Fear of Losing Drives Auction Prices
It’s likely a survival mechanism—most brain quirks are—remaining intact long after we removed ourselves from the harsh, bloody realities of the natural world and replaced them with theoretic constructs.*

The study was a small one, involving just 15 people given imagery dollars for participating in auctions and lotteries. Using functional magnetic resonance imaging (fMRI), scientists monitored brain activity, particularly the striata, the brain’s reward center, as the subjects carried out these scenarios. The brain scans showed the same mechanisms at work when winning either an auction or a lottery.

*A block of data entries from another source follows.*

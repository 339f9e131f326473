-- ===== src/Actisense/Messages/Panics.antt =====
-- Where the parsers of actisense/binaryreader.go panic: they read at fixed places before, or
-- without, a test of the length.
use go_nmea_client.Common.{
  ℕ, zero, suc, ◌+◌, ◌-◌, ◌*◌, ◌≤◌, ◌<◌, ◌≡◌, ◌≢◌, ◌↔◌, ◌⊎◌, List, [], ◌∷◌, arith, err, panic,
  length, get_or, All, IsByte, drop, length-take, length-drop,
}
use go_nmea_client.Actisense.{at, slice, length_mismatch}
use go_nmea_client.Actisense.Crc.{crc, crc_check}
use go_nmea_client.Actisense.Slices.{at-lt, slice-le}
use go_nmea_client.Actisense.Messages.{
  from_actisense_ngt_binary_message, from_actisense_n2k_binary_message, from_raw_actisense_message,
}

byte-at : (raw : List ℕ) (i : ℕ) → All IsByte raw → get_or raw i 0 < 256
byte-at [] i h = omega arith
byte-at (b ∷ raw) zero h = h.0
byte-at (b ∷ raw) (suc i) h = byte-at raw i h.1

-- The NGT parser panics on a message of no byte or one byte, and on no other.
pub from_actisense_ngt_binary_message_panics :
    (raw : List ℕ) (now : ℕ)
    → (from_actisense_ngt_binary_message raw now ≡ panic) ↔ (length raw < 2)
unfolding from_actisense_ngt_binary_message at slice crc_check
from_actisense_ngt_binary_message_panics raw now = (
  λ e. ground (arith, length-take (length raw - 2) (drop 2 raw), length-drop 2 raw),
  λ h. ground arith,
)

n2k_long :
    (raw : List ℕ) (now : ℕ) → 13 ≤ length raw → from_actisense_n2k_binary_message raw now ≢ panic
unfolding from_actisense_n2k_binary_message
n2k_long raw now h e = ground (
  arith,
  at-lt raw 1,
  at-lt raw 2,
  at-lt raw 3,
  at-lt raw 4,
  at-lt raw 5,
  at-lt raw 6,
  at-lt raw 7,
  slice-le raw 13 (length raw),
)

n2k_mismatch :
    (raw : List ℕ) (now : ℕ)
    → All IsByte raw
    → 3 ≤ length raw
    → get_or raw 1 0 + get_or raw 2 0 * 256 + 1 ≢ length raw
    → from_actisense_n2k_binary_message raw now ≡ err length_mismatch
unfolding from_actisense_n2k_binary_message
n2k_mismatch raw now h long wrong =
    ground (arith, at-lt raw 1, at-lt raw 2, byte-at raw 1 h, byte-at raw 2 h)

n2k_panic_cases :
    (raw : List ℕ) (now : ℕ)
    → All IsByte raw
    → from_actisense_n2k_binary_message raw now ≡ panic
    → (length raw < 3)
      ⊎ ((length raw < 13) × (get_or raw 1 0 + get_or raw 2 0 * 256 + 1 ≡ length raw))
n2k_panic_cases raw now h e = ground (arith, n2k_long raw now, n2k_mismatch raw now h)

-- The N2K parser panics on a message of less than three bytes, and on one of less than 13 bytes
-- whose length field is right; on no other.
pub from_actisense_n2k_binary_message_panics :
    (raw : List ℕ) (now : ℕ)
    → All IsByte raw
    → (from_actisense_n2k_binary_message raw now ≡ panic) ↔ (
        (length raw < 3)
        ⊎ ((length raw < 13) × (get_or raw 1 0 + get_or raw 2 0 * 256 + 1 ≡ length raw)))
unfolding from_actisense_n2k_binary_message at slice
from_actisense_n2k_binary_message_panics raw now h =
    (λ e. n2k_panic_cases raw now h e, λ c. ground (arith, byte-at raw 1 h, byte-at raw 2 h))

-- The raw parser panics on a message of eight bytes with a right length and checksum, which has no
-- data, and on no other.
pub from_raw_actisense_message_panics :
    (raw : List ℕ) (now : ℕ)
    → (from_raw_actisense_message raw now ≡ panic)
      ↔ ((length raw ≡ 8) × (get_or raw 1 0 ≡ 5) × (crc raw ≡ 0))
unfolding from_raw_actisense_message at slice crc_check
from_raw_actisense_message_panics raw now = (λ e. ground arith, λ h. ground arith)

Losing, though, was where the key differences were. Losing a lottery was no big deal, but losing an auction caused a marked decrease in the brain’s reward centers, driving the subjects in subsequent auctions to bid more aggressively and drive up prices by overbidding. (If market speculators don’t come to mind immediately, you’re not thinking hard enough.)

The results go against previous notions of risk aversion or joy of winning being the driving forces for overbidding, suggesting fear of losing is the primary factor. Ars Technica’s Tim De Chant, in a post titled “Scientists discover why we overbid for old junk on eBay,” delivers this harrowing tidbit, coming in the wake of the apparent collapse of Nixonian economics, which the proposed fear-based federal bailout would seek to artificially perpetuate:

The results, the authors say, were not predicted by current economic theory. Similar neuroscience studies, they added, may eventually help shape new advances in economic theory.  

So, keep that in mind the next time you bid at an auction, online or off: losing may not be as painful as the potential emptiness in your wallet. 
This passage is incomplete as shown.